Aquatic Geochemistry

, Volume 15, Issue 1–2, pp 123–157 | Cite as

Origin of Salts and Brine Evolution of Bolivian and Chilean Salars

  • François RisacherEmail author
  • Bertrand Fritz
Original Paper


Central Andes in Bolivia and northern Chile contain numerous internal drainage basins occupied by saline lakes and salt crusts (salars). Salts in inflow waters stem from two origins: alteration of volcanic rocks, which produces dilute waters, and brine recycling, which leads to brackish waters. Chilean alteration waters are three times more concentrated in average than Bolivian waters, which is related to a higher sulfur content in Chilean volcanoes. Brackish inflows stem from brines which leak out from present salars and mix with dilute groundwater. Most of the incoming salts are recycled salts. The cycling process is likely to have begun when ancient salars were buried by volcanic eruptions.

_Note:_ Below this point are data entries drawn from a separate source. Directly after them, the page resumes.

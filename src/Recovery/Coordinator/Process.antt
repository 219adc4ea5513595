-- ===== src/Recovery/Coordinator/Process.antt =====
-- `RecoveryCoordinator.process_failure` and `_attach_active_recurrence` of recovery_executor.py.
use failure_resolver.Prelude.{
  ℕ, ◌+◌, String, Bool, true, false, Option, none, some, str_eq, if◌then◌else◌,
}
use failure_resolver.Json.{Fields, mem}
use failure_resolver.Errors.{
  Error, Result, ok, err, contract, non_executable, live_state_changed, not_sent, outcome_unknown,
  timeout, Done,
}
use failure_resolver.Runtime.{Runtime}
use failure_resolver.Recovery.Target.{
  Status, PointerTarget, pointer_key, RecoveryTarget, parse_failure_pointer_target,
  parse_failure_recovery_target, is_matched,
}
use failure_resolver.Recovery.Attempt.{required_database, count}
use failure_resolver.Recovery.Attempt.Monad.{pure, lift, raise, ◌>>=◌, ◌>>◌}
use failure_resolver.Recovery.Coordinator.{
  Control, Act, call, read, update_actives, find_active, set_current, Active,
}
use failure_resolver.Recovery.Coordinator.Prepare.{is_open, skipped}
use failure_resolver.Recovery.Coordinator.Attempts.{Loop, execute_target}

-- `recovery_status in (None, "ready", "failed")`
is_claimable : Option Status → Bool
is_claimable none = true
is_claimable (some s) = is_open s

module _ (py : Runtime) (ctl : Control) where
  open ctl use {out, settings}

  -- The active session takes the failure as its current one.
  unfoldable pub adopt : PointerTarget → Active → Act ctl Done
  adopt target active = do
    update_actives ctl
        (set_current (pointer_key target) active.recovery_session_id target.failure_id)
    count py out (λ s. record s { recurrences_attached = s.recurrences_attached + 1 })

  -- The failure is linked to the active session already.
  unfoldable pub refresh : PointerTarget → Active → Act ctl Bool
  refresh target active =
      if str_eq target.failure_id active.current_failure_id
      then pure true
      else (do adopt target active; pure true)

  unfoldable pub attach_to : PointerTarget → Active → Act ctl Bool
  attach_to target active = elim target.recovery_session_id [
    | none ↦ do
      call ctl (ctl.attach target.failure_id active.recovery_session_id)
      adopt target active
      pure true
    | some id ↦
        if str_eq id active.recovery_session_id then refresh target active else raise contract
  ]

  -- `_attach_active_recurrence`
  unfoldable pub attach_active_recurrence : PointerTarget → Act ctl Bool
  attach_active_recurrence target = do
    active ← read ctl (λ w. find_active (pointer_key target) (ctl.actives w))
    elim active [ none ↦ pure false | some a ↦ attach_to target a ]

  unfoldable pub skip : Act ctl Done
  skip = count py out skipped

  unfoldable pub note_error : Error → Act ctl Done
  note_error e =
      count py out
        (λ s. record s { events_skipped = s.events_skipped + 1; last_error_type = some e })

  -- The `except` clauses around `_execute_target`.
  unfoldable pub after_execution : String → Result Loop → Act ctl Done
  after_execution failure_id (ok l) = pure tt
  after_execution failure_id (err non_executable) = do
    call ctl (ctl.mark_non_executable failure_id)
    note_error non_executable
  after_execution failure_id (err live_state_changed) = note_error live_state_changed
  after_execution failure_id (err not_sent) = note_error not_sent
  after_execution failure_id (err outcome_unknown) = note_error outcome_unknown
  after_execution failure_id (err timeout) = note_error timeout
  after_execution failure_id (err e) = raise e

  unfoldable pub guarded_execution : ℕ → RecoveryTarget → String → Act ctl Done
  guarded_execution n target new_id r =
      let (x, r') = execute_target py ctl n target new_id r in
      after_execution target.failure_id x r'

  unfoldable pub execute_claimable : ℕ → String → RecoveryTarget → Act ctl Done
  unfolding is_claimable
  execute_claimable n new_id target =
      if is_claimable target.recovery_status then guarded_execution n target new_id else skip

  -- Under the lock of the robot, with the row that is read again.
  unfoldable pub process_current : ℕ → String → Fields → Act ctl Done
  process_current n new_id row = do
    target ← lift (parse_failure_recovery_target py row)
    attached ← attach_active_recurrence target.pointer
    if attached then pure tt else execute_claimable n new_id target

  unfoldable pub process_locked : ℕ → String → String → Act ctl Done
  process_locked n failure_id new_id = do
    current ← call ctl (ctl.fetch_failure failure_id)
    elim current [ none ↦ skip | some row ↦ process_current n new_id row ]

  -- A failure of an allowed robot that has not been attached.
  unfoldable pub process_unattached : ℕ → Fields → String → Act ctl Done
  unfolding is_claimable
  process_unattached n row new_id =
      if is_matched row
      then (do
        target ← lift (parse_failure_recovery_target py row)
        if is_claimable target.recovery_status
            then process_locked n target.failure_id new_id
            else skip)
      else skip

  unfoldable pub process_row : ℕ → Fields → String → Act ctl Done
  process_row n row new_id = do
    target ← lift (parse_failure_pointer_target py row)
    if mem target.sysid settings.robot_allowlist
        then (do
          attached ← attach_active_recurrence target
          if attached then pure tt else process_unattached n row new_id)
        else skip

  unfoldable pub process_failure : ℕ → String → String → Act ctl Done
  process_failure n failure_id new_id =
      if settings.enabled
      then (do
        required_database py out
        raw ← call ctl (ctl.fetch_failure failure_id)
        elim raw [ none ↦ skip | some row ↦ process_row n row new_id ])
      else pure tt
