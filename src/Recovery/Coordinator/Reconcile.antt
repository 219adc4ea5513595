-- ===== src/Recovery/Coordinator/Reconcile.antt =====
-- `RecoveryCoordinator.reconcile` of recovery_executor.py: attempts whose lease has expired are closed
-- as unknown, and the failures that were never sent are notified again.
pub mod Swept
use failure_resolver.Prelude.{
  ℕ, ◌+◌, ◌≡◌, String, Bool, true, false, not, Option, none, some, List, [], ◌∷◌, ◌++◌,
  if◌then◌else◌,
}
use failure_resolver.Json.{Json, Fields}
use failure_resolver.Errors.{Error, cancelled, database_unavailable, Result, ok, err, Done}
use failure_resolver.Runtime.{Runtime}
use failure_resolver.Recovery.Session.{SessionRecord, parse_recovery_session}
use failure_resolver.Recovery.Attempt.Monad.{Stats}

-- The arguments of `database.expire`, but for its message.
pub record ExpireCall : Type 0 where
  pub failure_id : String
  pub recovery_session_id : String
  pub run_token : String

-- The database as `reconcile` calls it, and `notify_failure`.
pub record Reconciler : Type 1 where
  pub World : Type 0
  pub has_database : World → Bool
  pub expired_attempts : World → Result (List Fields) × World
  pub expire : ExpireCall → World → Result Done × World
  pub cold_candidates : World → Result (List Json) × World
  pub notify_failure : Json → World → World

-- The world, the calls of `expire` so far and the counters.
pub record Sweep (W : Type 0) : Type 0 where
  pub world : W
  pub expires : List ExpireCall
  pub stats : Stats

-- `record.recovery_run_token or ""`
or_empty : Option String → String
or_empty none = ""
or_empty (some t) = t

unfoldable pub call_of : SessionRecord → ExpireCall
unfolding or_empty
call_of s = record {
  failure_id = s.current_failure_id;
  recovery_session_id = s.recovery_session_id;
  run_token = or_empty s.recovery_run_token;
}

module _ {W : Type 0} where
  -- The two `except` clauses around one row.
  unfoldable pub caught : Error → Sweep W → Result Done × Sweep W
  caught cancelled s = (err cancelled, s)
  caught e s = (
    ok tt,
    record s {
      stats = record s.stats {
        execution_errors = s.stats.execution_errors + 1;
        last_error_type = some e;
      };
    },
  )

  unfoldable pub after_expire : Result Done → Sweep W → Result Done × Sweep W
  after_expire (ok d) s = (
    ok tt,
    record s {
      stats = record s.stats {
        expired_attempts_reconciled = s.stats.expired_attempts_reconciled + 1;
        attempts_unknown = s.stats.attempts_unknown + 1;
      };
    },
  )
  after_expire (err e) s = caught e s

module _ (py : Runtime) (rec : Reconciler) where
  open rec use {World}

  unfoldable pub expire_parsed : Result SessionRecord → Sweep World → Result Done × Sweep World
  expire_parsed (err e) s = caught e s
  expire_parsed (ok session) s =
      let (x, w) = rec.expire (call_of session) s.world in
      after_expire x (record s { world = w; expires = s.expires ++ call_of session ∷ [] })

  unfoldable pub go_on :
      Result Done
      → (Sweep World → Result Done × Sweep World)
      → Sweep World
      → Result Done × Sweep World
  go_on (ok d) rest s = rest s
  go_on (err e) rest s = (err e, s)

  -- The loop over the expired attempts.
  unfoldable pub expire_rows : List Fields → Sweep World → Result Done × Sweep World
  expire_rows [] s = (ok tt, s)
  expire_rows (row ∷ rows) s =
      let (x, s') = expire_parsed (parse_recovery_session py row true) s in
      go_on x (expire_rows rows) s'

  unfoldable pub notify_all : List Json → World → World
  notify_all [] w = w
  notify_all (id ∷ ids) w = notify_all ids (rec.notify_failure id w)

  unfoldable pub notify_cold : Sweep World → Result Done × Sweep World
  notify_cold s =
      let (x, w) = rec.cold_candidates s.world in
      elim x [
        | ok ids ↦ (ok tt, record s { world = notify_all ids w })
        | err e ↦ (err e, record s { world = w })
      ]

  unfoldable pub sweep : Sweep World → Result Done × Sweep World
  sweep s =
      let (x, w) = rec.expired_attempts s.world in
      elim x [
        | err e ↦ (err e, record s { world = w })
        | ok rows ↦
            let (y, s') = expire_rows rows (record s { world = w }) in go_on y notify_cold s'
      ]

  unfoldable pub reconcile : Bool → Sweep World → Result Done × Sweep World
  reconcile enabled s =
      if not enabled
      then (ok tt, s)
      else if rec.has_database s.world
      then sweep s
      else (err database_unavailable, s)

Three major brine groups are found in Andean salars: alkaline, sulfate-rich, and calcium-rich brines. Evaporation modeling of inflows shows good agreement between predicted and observed brines in Chile. Alkaline salars are completely lacking in Chile, which is accounted for by higher sulfate and lower alkalinity of inflow waters, in turn related to the suspected higher sulfur content in Chilean volcanic rocks. Six Bolivian salars are alkaline, a lower number than that predicted by evaporative modeling. Deposition on the drainage basin of eolian sulfur eroded from native deposits shifts the initial alkaline evolution to sulfate brines. The occurrence of calcium-rich brines in Andean salars is not compatible with volcanic drainage basins, which can only produce alkaline or sulfate-rich weathering waters. The discrepancy is likely due to recycled calcic brines from ancient salars in sedimentary basins, now buried below volcanic formations. Calcic salars are not in equilibrium with their volcanic environment and may slowly change with time to sulfate-rich salars.


Central Andes Closed basin Hydrochemistry Salar Brine Salt recycling Brine evolution 



The study of Chilean salars was realized through a convention with the Direccion General de Aguas of Chile who provided most of the logistic support. We are also grateful to two anonymous reviewers for comments which significantly improved the manuscript.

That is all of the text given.